_TASK OBJECTIVE_.
Retype each line below without a single alteration.
####
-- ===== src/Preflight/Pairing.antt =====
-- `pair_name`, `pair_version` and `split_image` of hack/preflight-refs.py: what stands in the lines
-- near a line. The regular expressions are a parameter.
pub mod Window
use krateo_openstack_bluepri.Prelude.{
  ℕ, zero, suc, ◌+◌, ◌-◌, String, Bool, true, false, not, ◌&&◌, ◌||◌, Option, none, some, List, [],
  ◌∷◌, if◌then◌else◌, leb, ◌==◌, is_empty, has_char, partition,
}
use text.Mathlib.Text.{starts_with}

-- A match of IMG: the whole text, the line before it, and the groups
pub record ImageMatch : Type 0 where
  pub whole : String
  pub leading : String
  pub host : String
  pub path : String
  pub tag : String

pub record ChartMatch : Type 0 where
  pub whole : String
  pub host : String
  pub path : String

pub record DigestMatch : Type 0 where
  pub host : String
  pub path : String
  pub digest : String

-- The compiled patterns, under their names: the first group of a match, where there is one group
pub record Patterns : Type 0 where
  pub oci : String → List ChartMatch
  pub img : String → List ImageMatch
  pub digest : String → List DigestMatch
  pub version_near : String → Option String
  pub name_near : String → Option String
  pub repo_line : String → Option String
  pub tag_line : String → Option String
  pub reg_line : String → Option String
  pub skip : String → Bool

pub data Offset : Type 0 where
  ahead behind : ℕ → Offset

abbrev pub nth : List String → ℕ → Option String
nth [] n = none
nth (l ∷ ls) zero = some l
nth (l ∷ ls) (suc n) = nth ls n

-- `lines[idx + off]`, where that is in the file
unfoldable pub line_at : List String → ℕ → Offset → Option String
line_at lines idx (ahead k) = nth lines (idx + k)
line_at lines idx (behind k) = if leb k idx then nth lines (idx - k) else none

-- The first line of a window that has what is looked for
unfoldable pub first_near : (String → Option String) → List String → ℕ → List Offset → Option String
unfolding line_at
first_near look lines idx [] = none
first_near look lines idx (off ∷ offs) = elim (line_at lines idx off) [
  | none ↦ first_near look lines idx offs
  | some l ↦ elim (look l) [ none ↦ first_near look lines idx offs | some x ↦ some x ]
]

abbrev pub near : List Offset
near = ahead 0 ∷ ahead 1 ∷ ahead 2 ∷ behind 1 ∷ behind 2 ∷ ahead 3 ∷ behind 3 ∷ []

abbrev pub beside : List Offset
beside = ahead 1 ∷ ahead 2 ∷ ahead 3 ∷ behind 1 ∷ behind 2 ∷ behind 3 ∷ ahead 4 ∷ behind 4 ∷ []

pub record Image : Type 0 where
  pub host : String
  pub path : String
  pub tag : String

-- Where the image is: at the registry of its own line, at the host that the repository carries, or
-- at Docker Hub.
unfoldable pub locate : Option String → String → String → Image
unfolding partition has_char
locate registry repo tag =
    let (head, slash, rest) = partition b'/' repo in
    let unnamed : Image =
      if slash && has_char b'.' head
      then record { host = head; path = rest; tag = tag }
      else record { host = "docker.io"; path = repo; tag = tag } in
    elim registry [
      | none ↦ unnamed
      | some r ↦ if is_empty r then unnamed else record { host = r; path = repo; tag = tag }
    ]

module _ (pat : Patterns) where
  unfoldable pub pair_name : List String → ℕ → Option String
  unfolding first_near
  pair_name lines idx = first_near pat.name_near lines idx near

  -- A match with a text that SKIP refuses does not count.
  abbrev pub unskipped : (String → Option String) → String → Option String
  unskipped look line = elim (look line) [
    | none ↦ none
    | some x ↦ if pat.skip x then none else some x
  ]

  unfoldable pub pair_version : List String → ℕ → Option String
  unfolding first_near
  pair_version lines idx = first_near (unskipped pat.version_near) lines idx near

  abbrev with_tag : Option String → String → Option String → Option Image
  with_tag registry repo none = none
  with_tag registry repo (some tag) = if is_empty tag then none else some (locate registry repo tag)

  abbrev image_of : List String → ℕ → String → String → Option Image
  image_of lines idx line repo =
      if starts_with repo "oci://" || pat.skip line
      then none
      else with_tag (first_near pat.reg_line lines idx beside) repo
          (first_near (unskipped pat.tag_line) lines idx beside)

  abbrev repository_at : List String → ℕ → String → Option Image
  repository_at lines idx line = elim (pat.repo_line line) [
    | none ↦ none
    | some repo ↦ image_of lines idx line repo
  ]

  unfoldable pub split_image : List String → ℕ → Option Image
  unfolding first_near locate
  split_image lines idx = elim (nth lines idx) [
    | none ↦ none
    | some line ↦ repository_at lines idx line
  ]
####
_SOLVED PROBLEM_.
-- ===== src/Preflight/Pairing.antt =====
-- `pair_name`, `pair_version` and `split_image` of hack/preflight-refs.py: what stands in the lines
-- near a line. The regular expressions are a parameter.
pub mod Window
use krateo_openstack_bluepri.Prelude.{
  ℕ, zero, suc, ◌+◌, ◌-◌, String, Bool, true, false, not, ◌&&◌, ◌||◌, Option, none, some, List, [],
  ◌∷◌, if◌then◌else◌, leb, ◌==◌, is_empty, has_char, partition,
}
use text.Mathlib.Text.{starts_with}

-- A match of IMG: the whole text, the line before it, and the groups
pub record ImageMatch : Type 0 where
  pub whole : String
  pub leading : String
  pub host : String
  pub path : String
  pub tag : String

pub record ChartMatch : Type 0 where
  pub whole : String
  pub host : String
  pub path : String

pub record DigestMatch : Type 0 where
  pub host : String
  pub path : String
  pub digest : String

-- The compiled patterns, under their names: the first group of a match, where there is one group
pub record Patterns : Type 0 where
  pub oci : String → List ChartMatch
  pub img : String → List ImageMatch
  pub digest : String → List DigestMatch
  pub version_near : String → Option String
  pub name_near : String → Option String
  pub repo_line : String → Option String
  pub tag_line : String → Option String
  pub reg_line : String → Option String
  pub skip : String → Bool

pub data Offset : Type 0 where
  ahead behind : ℕ → Offset

abbrev pub nth : List String → ℕ → Option String
nth [] n = none
nth (l ∷ ls) zero = some l
nth (l ∷ ls) (suc n) = nth ls n

-- `lines[idx + off]`, where that is in the file
unfoldable pub line_at : List String → ℕ → Offset → Option String
line_at lines idx (ahead k) = nth lines (idx + k)
line_at lines idx (behind k) = if leb k idx then nth lines (idx - k) else none

-- The first line of a window that has what is looked for
unfoldable pub first_near : (String → Option String) → List String → ℕ → List Offset → Option String
unfolding line_at
first_near look lines idx [] = none
first_near look lines idx (off ∷ offs) = elim (line_at lines idx off) [
  | none ↦ first_near look lines idx offs
  | some l ↦ elim (look l) [ none ↦ first_near look lines idx offs | some x ↦ some x ]
]

abbrev pub near : List Offset
near = ahead 0 ∷ ahead 1 ∷ ahead 2 ∷ behind 1 ∷ behind 2 ∷ ahead 3 ∷ behind 3 ∷ []

abbrev pub beside : List Offset
beside = ahead 1 ∷ ahead 2 ∷ ahead 3 ∷ behind 1 ∷ behind 2 ∷ behind 3 ∷ ahead 4 ∷ behind 4 ∷ []

pub record Image : Type 0 where
  pub host : String
  pub path : String
  pub tag : String

-- Where the image is: at the registry of its own line, at the host that the repository carries, or
-- at Docker Hub.
unfoldable pub locate : Option String → String → String → Image
unfolding partition has_char
locate registry repo tag =
    let (head, slash, rest) = partition b'/' repo in
    let unnamed : Image =
      if slash && has_char b'.' head
      then record { host = head; path = rest; tag = tag }
      else record { host = "docker.io"; path = repo; tag = tag } in
    elim registry [
      | none ↦ unnamed
      | some r ↦ if is_empty r then unnamed else record { host = r; path = repo; tag = tag }
    ]

module _ (pat : Patterns) where
  unfoldable pub pair_name : List String → ℕ → Option String
  unfolding first_near
  pair_name lines idx = first_near pat.name_near lines idx near

  -- A match with a text that SKIP refuses does not count.
  abbrev pub unskipped : (String → Option String) → String → Option String
  unskipped look line = elim (look line) [
    | none ↦ none
    | some x ↦ if pat.skip x then none else some x
  ]

  unfoldable pub pair_version : List String → ℕ → Option String
  unfolding first_near
  pair_version lines idx = first_near (unskipped pat.version_near) lines idx near

  abbrev with_tag : Option String → String → Option String → Option Image
  with_tag registry repo none = none
  with_tag registry repo (some tag) = if is_empty tag then none else some (locate registry repo tag)

  abbrev image_of : List String → ℕ → String → String → Option Image
  image_of lines idx line repo =
      if starts_with repo "oci://" || pat.skip line
      then none
      else with_tag (first_near pat.reg_line lines idx beside) repo
          (first_near (unskipped pat.tag_line) lines idx beside)

  abbrev repository_at : List String → ℕ → String → Option Image
  repository_at lines idx line = elim (pat.repo_line line) [
    | none ↦ none
    | some repo ↦ image_of lines idx line repo
  ]

  unfoldable pub split_image : List String → ℕ → Option Image
  unfolding first_near locate
  split_image lines idx = elim (nth lines idx) [
    | none ↦ none
    | some line ↦ repository_at lines idx line
  ]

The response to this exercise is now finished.